**PROBLEM REQUIREMENTS:**
Every record that follows must be returned word for word.

**DATA SHOWN:**
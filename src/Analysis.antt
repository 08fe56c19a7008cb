-- ===== src/Analysis.antt =====
-- AI runs and the guards on them: internal/analysis/run.go, internal/analysis/guard.go and
-- internal/analysis/readiness.go.
pub mod Run
pub mod Storage
pub mod History
pub mod Evidence
pub mod Persistence
pub mod Lifecycle
pub mod Selections
pub mod Guard
mod Examples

**ANSWER BOX:**
filename src/Analysis.antt
repository 08fe56c19a7008cb
-- ===== src/Analysis.antt =====
-- AI runs and the guards on them: internal/analysis/run.go, internal/analysis/guard.go and
-- internal/analysis/readiness.go.
pub mod Run
pub mod Storage
pub mod History
pub mod Evidence
pub mod Persistence
pub mod Lifecycle
pub mod Selections
pub mod Guard
mod Examples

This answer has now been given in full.